6. Coding expectations¶
- Kotlin and TypeScript must compile with warnings treated seriously.
- Domain rules must not live only in UI components.
- Backend authorization is mandatory even when Android hides an action.
- Database changes use forward migrations; never edit an applied migration.
- Public IDs must not expose sequential database keys.
- API errors use the common problem-details contract.
- Network calls must define timeout, retry and idempotency behaviour.
- Offline actions must be explicit; do not pretend an action succeeded before durable acknowledgement.
- Every verification decision and administrative override must be auditable.
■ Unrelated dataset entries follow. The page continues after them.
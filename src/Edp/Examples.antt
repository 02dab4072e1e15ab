-- ===== src/Edp/Examples.antt =====
-- A run of src/edp_client/edp_client_service.py against a job that takes three asks.
use platform_api.Prelude.{
  Result, Text, [], arith, if◌then◌else◌, ltb, none, ok, refl, text, ℕ, ◌+◌, ◌≡◌,
}
use platform_api.Edp.Artifacts.{JobCreated, JobResult, JobStatus, complete, running}
use platform_api.Edp.Client.{submit_and_wait}
use platform_api.Edp.Client.Ends.{HasEnded, submit_and_wait-HasEnded}

abbrev job_body : JobStatus → JobResult
job_body status = record { status = status; edp_artifact_urls = []; error = none }

-- the state is the clock
abbrev clock : ℕ → ℕ
clock s = s

abbrev start_job : Text → ℕ → Result (Unit {0}) JobCreated × ℕ
start_job payload s =
    (ok (record { job_id = text "7"; status_url = text "/jobs/7"; edp_artifact_urls = [] }), s)

abbrev ask_job : Text → ℕ → Result (Unit {0}) JobResult × ℕ
ask_job job_id s = (ok (job_body (if ltb s 3 then running else complete)), s)

abbrev rest_a_tick : ℕ → ℕ
rest_a_tick s = s + 1

submit_and_wait-HasEnded_example :
    HasEnded clock ask_job rest_a_tick 1 start_job
      (clock (start_job (text "{}") 0).1 + 5)
      (submit_and_wait clock start_job ask_job rest_a_tick 6 5 (text "{}") 0)
submit_and_wait-HasEnded_example =
    submit_and_wait-HasEnded clock ask_job rest_a_tick 1 start_job (λ job_id s. omega arith)
      (λ s. omega arith) 5 5 (text "{}") 0 (omega arith)

waited_three : (submit_and_wait clock start_job ask_job rest_a_tick 6 5 (text "{}") 0).1 ≡ 3
unfolding submit_and_wait
waited_three = refl
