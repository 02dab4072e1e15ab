-- ===== src/Lambda.antt =====
-- src/cfn/persistence/lambda_code/: the functions that a customer's stack runs while it is made.
pub mod Respond
pub mod Aurora
pub mod Preflight
mod Examples
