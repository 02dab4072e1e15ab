-- ===== src/Lambda/Respond.antt =====
-- src/cfn/persistence/lambda_code/: the answer to CloudFormation, which the functions share.
pub mod Once
use platform_api.Prelude.{
  List, Method, Option, Result, Text, err, if◌then◌else◌, none, ok, pure, some, suc, text, text_eq,
  ℕ, ◌-◌, ◌>>=◌, ◌>>◌, ◌∷◌,
}

-- the event of a custom resource, as CloudFormation documents it; `A` is its properties
pub record Event (A : Type 0) : Type 0 where
  pub request_type : Text
  pub physical_id : Option Text
  pub properties : A
  pub stack_id : Text
  pub request_id : Text
  pub logical_id : Text
  pub response_url : Text

-- what a function hands to `_respond` as its data
pub data Body : Type 0 where
  no_data : Body
  created : List (Text × Text) → List Text → Body
  failed_with : Text → Body

-- the body of the PUT
pub record CfnResponse : Type 0 where
  pub status : Text
  pub reason : Text
  pub physical_id : Text
  pub stack_id : Text
  pub request_id : Text
  pub logical_id : Text
  pub data_of : Body

-- The state of the services, the responses that went out, newest first, and how many connections are
-- open.
pub record World (S : Type 0) : Type 0 where
  pub services : S
  pub sent : List CfnResponse
  pub opened : ℕ

-- An exception is its message.
abbrev pub Call : Type 0 → Type 0 → Type 0
Call S A = Method (World S) Text A

abbrev pub passed_on : {S A : Type 0} → World S → Result Text A × S → Result Text A × World S
passed_on w (r, s) = (r, record { services = s; sent = w.sent; opened = w.opened })

-- a call of a service
unfoldable pub service : {S A : Type 0} → (S → Result Text A × S) → Call S A
service call w = passed_on w (call w.services)

abbrev pub after_connect : {S A : Type 0} → World S → Result Text A × S → Result Text A × World S
after_connect w (ok a, s) = (ok a, record { services = s; sent = w.sent; opened = suc w.opened })
after_connect w (err e, s) = (err e, record { services = s; sent = w.sent; opened = w.opened })

-- a call that opens a connection where it does not raise
unfoldable pub opening : {S A : Type 0} → (S → Result Text A × S) → Call S A
opening call w = after_connect w (call w.services)

abbrev pub closed : {S A : Type 0} → (S → S) → Result Text A × World S → Result Text A × World S
closed close (r, w) =
    (r, record { services = close w.services; sent = w.sent; opened = w.opened - 1 })

-- `try: body finally: conn.close()`
unfoldable pub closing : {S A : Type 0} → (S → S) → Call S A → Call S A
closing close body w = closed close (body w)

abbrev pub caught :
    {S A : Type 0} → (Text → Call S A) → Result Text A × World S → Result Text A × World S
caught handler (ok a, w) = (ok a, w)
caught handler (err e, w) = handler e w

-- `try: body except Exception as e: handler(e)`
unfoldable pub recover : {S A : Type 0} → Call S A → (Text → Call S A) → Call S A
recover body handler w = caught handler (body w)

abbrev reason_of : Body → Text
reason_of no_data = text "see CloudWatch logs"
reason_of (created names slices) = text "see CloudWatch logs"
reason_of (failed_with reason) = reason

abbrev without_reason : Body → Body
without_reason no_data = no_data
without_reason (created names slices) = created names slices
without_reason (failed_with reason) = no_data

-- the response to an event
pub response : {A : Type 0} → Event A → Text → Text → Body → CfnResponse
response event status physical_id data_in = record {
  status = status;
  reason = reason_of data_in;
  physical_id = physical_id;
  stack_id = event.stack_id;
  request_id = event.request_id;
  logical_id = event.logical_id;
  data_of = without_reason data_in;
}

abbrev pub after_send :
    {S : Type 0}
    → World S
    → CfnResponse
    → Result Text (Unit {0}) × S
    → Result Text (Unit {0}) × World S
after_send w r (ok u, s) = (ok tt, record { services = s; sent = r ∷ w.sent; opened = w.opened })
after_send w r (err e, s) = (err e, record { services = s; sent = w.sent; opened = w.opened })

abbrev pub physical_or : Text → Option Text → Text
physical_or default none = default
physical_or default (some id) = id

-- `send` is the PUT of a response to an address.
module _ {S A : Type 0} (send : Text → CfnResponse → S → Result Text (Unit {0}) × S) where
  -- `_respond`
  unfoldable pub respond : Event A → Text → Text → Body → Call S (Unit {0})
  unfolding response
  respond event status physical_id data_in w =
      let r = response event status physical_id data_in in
      after_send w r (send event.response_url r w.services)

  -- the body of the `try`
  pub attempted : Event A → Text → Call S Body → Call S (Unit {0})
  unfolding respond
  attempted event physical_id work = do
    data_in ← (if text_eq event.request_type (text "Create") then work else pure no_data)
    respond event (text "SUCCESS") physical_id data_in

  -- A handler, with its work on a Create and its default id.
  unfoldable pub handle : Text → Event A → Call S Body → Call S (Unit {0})
  unfolding attempted
  handle default event work =
      let physical_id = physical_or default event.physical_id in
      recover (attempted event physical_id work)
        (λ e. respond event (text "FAILED") physical_id (failed_with e))
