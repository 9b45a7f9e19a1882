-- ===== src/TreeBin/Insert/First.antt =====
-- `insert_large_chunk` on an empty bin, and what it does before it looks at the bin.
use dlmalloc_rs.Prelude.{ℕ, ◌≡◌, ◌≢◌, ◌∙◌, refl, ap, sym, subst, true, not, [], arith}
use dlmalloc_rs.BinMap.{bit_is_marked}
use dlmalloc_rs.BinMap.Laws.{bit_is_marked-mark_bit, mark_bit-lt}
use dlmalloc_rs.TreeIndex.{compute_tree_index}
use dlmalloc_rs.State.{State, done, treebin_at, set_child, set_index, set_parent, set_treebin}
use dlmalloc_rs.Head.{chunksize}
use dlmalloc_rs.TreeBin.{insert_large_chunk, treemap_is_marked, mark_treemap, link_self}
use dlmalloc_rs.TreeBin.Trie.{Trie, leaf, node, is_node, Represents}
use dlmalloc_rs.TreeBin.Bins.{undecided, base, BelongsTo, TreeBins}
use dlmalloc_rs.TreeBin.Digits.{base_aligned, index_lt, root_range}
use dlmalloc_rs.TreeBin.Separate.{Avoids, SameAt}
use dlmalloc_rs.TreeBin.Insert.{Inserted, new_leaf}
use dlmalloc_rs.TreeBin.Insert.Ring.{IsReady}
use dlmalloc_rs.TreeBin.Insert.Down.{new_leaf-IsTrie}
use dlmalloc_rs.TreeBin.Insert.Whole.{IsNewLarge, TreeBins-Inserted}
use dlmalloc_rs.TreeBin.Change.{set_trie}

-- The fields that `insert_large_chunk` sets before it looks at the bin.
abbrev pub prepared : (x i : ℕ) → State → State
prepared x i s = set_child x 0 0 (set_child x 1 0 (set_index x i s))

pub prepared-SameAt : (x i y : ℕ) (s : State) → y ≢ x → SameAt s (prepared x i s) y
unfolding chunksize
prepared-SameAt x i y s ne = record {
  node_same = record { fd = refl; bk = refl; parent = refl; index = ground arith; size = refl };
  child0 = ground arith;
  child1 = ground arith;
}

pub SameAt-trans : (s t u : State) (y : ℕ) → SameAt s t y → SameAt t u y → SameAt s u y
SameAt-trans s t u y p q = record {
  node_same = record {
    fd = q.node_same.fd ∙ p.node_same.fd;
    bk = q.node_same.bk ∙ p.node_same.bk;
    parent = q.node_same.parent ∙ p.node_same.parent;
    index = q.node_same.index ∙ p.node_same.index;
    size = q.node_same.size ∙ p.node_same.size;
  };
  child0 = q.child0 ∙ p.child0;
  child1 = q.child1 ∙ p.child1;
}

-- Nothing has changed but the links between tree chunks, the roots of the tree bins and their map.
abbrev pub OnlyTrees : State → State → Type 0
OnlyTrees s t = t ≡ record s {
  heap = record (s.heap) {
    fd = t.heap.fd;
    bk = t.heap.bk;
    child0 = t.heap.child0;
    child1 = t.heap.child1;
    parent = t.heap.parent;
    index = t.heap.index;
  };
  m = record (s.m) { treemap = t.m.treemap; treebins = t.m.treebins };
}

-- The first chunk of an empty bin.
abbrev first : (x i : ℕ) → State → State
first x i s =
    link_self x (set_parent x (treebin_at s i) (set_treebin i x (mark_treemap i (prepared x i s))))

first-SameAt : (x i y : ℕ) (s : State) → y ≢ x → SameAt s (first x i s) y
unfolding chunksize mark_treemap
first-SameAt x i y s ne = record {
  node_same = record {
    fd = ground arith;
    bk = ground arith;
    parent = ground arith;
    index = ground arith;
    size = refl;
  };
  child0 = ground arith;
  child1 = ground arith;
}

module _ (s : State) (tries : ℕ → Trie) (x n : ℕ) (inv : TreeBins s tries)
    (new : IsNewLarge s tries x n) where
  pub prepared-IsReady : IsReady (prepared x (compute_tree_index n) s) (compute_tree_index n) n x
  unfolding chunksize
  prepared-IsReady = record {
    nonnull = new.nonnull;
    low = new.low;
    size = new.size;
    index = ground arith;
    no_left = ground arith;
    no_right = ground arith;
  }

  first-Represents :
      Represents
        (first x (compute_tree_index n) s)
        (compute_tree_index n)
        (treebin_at (first x (compute_tree_index n) s) (compute_tree_index n))
        ((first x (compute_tree_index n) s).m.treebins (compute_tree_index n))
        (node x n [] leaf leaf)
  unfolding chunksize mark_treemap
  first-Represents = (
    ground arith,
    record {
      nonnull = new.nonnull;
      low = new.low;
      size = new.size;
      parent = ground arith;
      index = ground arith;
    },
    (ground arith, ground arith),
    tt,
    ground arith,
    ground arith,
  )

  -- The result of an insertion.
  abbrev pub Result : Type 0
  Result =
      (t : State) × (after : Trie) × (insert_large_chunk x n s ≡ done tt t)
      × OnlyTrees s t
      × Inserted x n (tries (compute_tree_index n)) after
      × ((y : ℕ) → y ≢ x → Avoids y (tries (compute_tree_index n)) → SameAt s t y)
      × TreeBins t (set_trie tries (compute_tree_index n) after)

  pub own : BelongsTo (compute_tree_index n) n
  own = record { aligned = new.aligned; large = new.large; word = new.word; index = refl }

  pub first_chunk : tries (compute_tree_index n) ≡ leaf → Result
  unfolding insert_large_chunk mark_treemap treemap_is_marked
  first_chunk empty =
      let i = compute_tree_index n in
      let lt = index_lt n new.large in
      let clear : not (bit_is_marked s.m.treemap i) ≡ true =
        ground (arith, inv.marked i lt, ap is_node empty) in
      let range = root_range n i new.large new.word refl in
      let ins = subst (λ u. Inserted x n u (node x n [] leaf leaf)) (sym empty) new_leaf in
      (
        first x i s,
        node x n [] leaf leaf,
        rw clear refl,
        refl,
        ins,
        (λ y ne off. first-SameAt x i y s ne),
        TreeBins-Inserted s (first x i s) tries i x n (node x n [] leaf leaf) inv lt own new.off
            refl refl (λ j h ne. ground arith) (mark_bit-lt s.m.treemap i inv.map lt)
            (λ j h. bit_is_marked-mark_bit s.m.treemap i j lt h)
            (λ y ne off. first-SameAt x i y s ne) ins first-Represents
            (new_leaf-IsTrie (undecided i) (base i) x n new.aligned (base_aligned i lt) range.0
              range.1)
            refl,
      )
- Time is stored in UTC and presented in the user’s locale.
- Monetary values use integer minor units plus currency code.
- Phone numbers are normalized to E.164 where possible.
- Coordinates are never logged at unnecessary precision.
7. Testing expectations¶
A task is incomplete without evidence appropriate to its risk:
- domain unit tests;
- database and API integration tests;
- Android ViewModel and Compose tests;
- authorization tests for every protected action;
- offline/retry tests for sync behaviour;
- upload and file-access tests for evidence;
- accessibility checks for customer-facing screens;
- negative cases and fraud/abuse scenarios;
- documentation validation.
Never remove a failing test to make CI green. Quarantine only with an issue, owner, reason and expiry date.
8. Security and public-repository rules¶
Never commit:
- real identity documents or certificates;
- real customer/provider personal data;
- exact private coordinates;
- API keys, passwords, tokens or service-account files;
- production environment files;
- unredacted logs;
- proprietary third-party datasets.
Use .env.example with placeholders. Assume every committed byte is permanently public.
9. Completion evidence¶
Each handoff must state:
- task and phase;
- exact commit and merged checkpoint PR, when applicable;
- files/modules changed;
- migrations added;
- commands run and results;
- linked issues updated or closed;
- known limitations;
- security/privacy implications;
- next approved task;
- whether the working tree is clean.
Use docs/operations/AGENT_HANDOFF_TEMPLATE.md.
10. Stop conditions¶
Stop and document the blocker instead of guessing when:
- a legal requirement is unclear;
- a payment or mapping provider has not been approved;
- production credentials would be required;
- a migration could destroy data;
- verification policy conflicts with public copy;
- source documents are stale or contradictory;
- an existing failure cannot be isolated;
- the assigned phase is not authorized.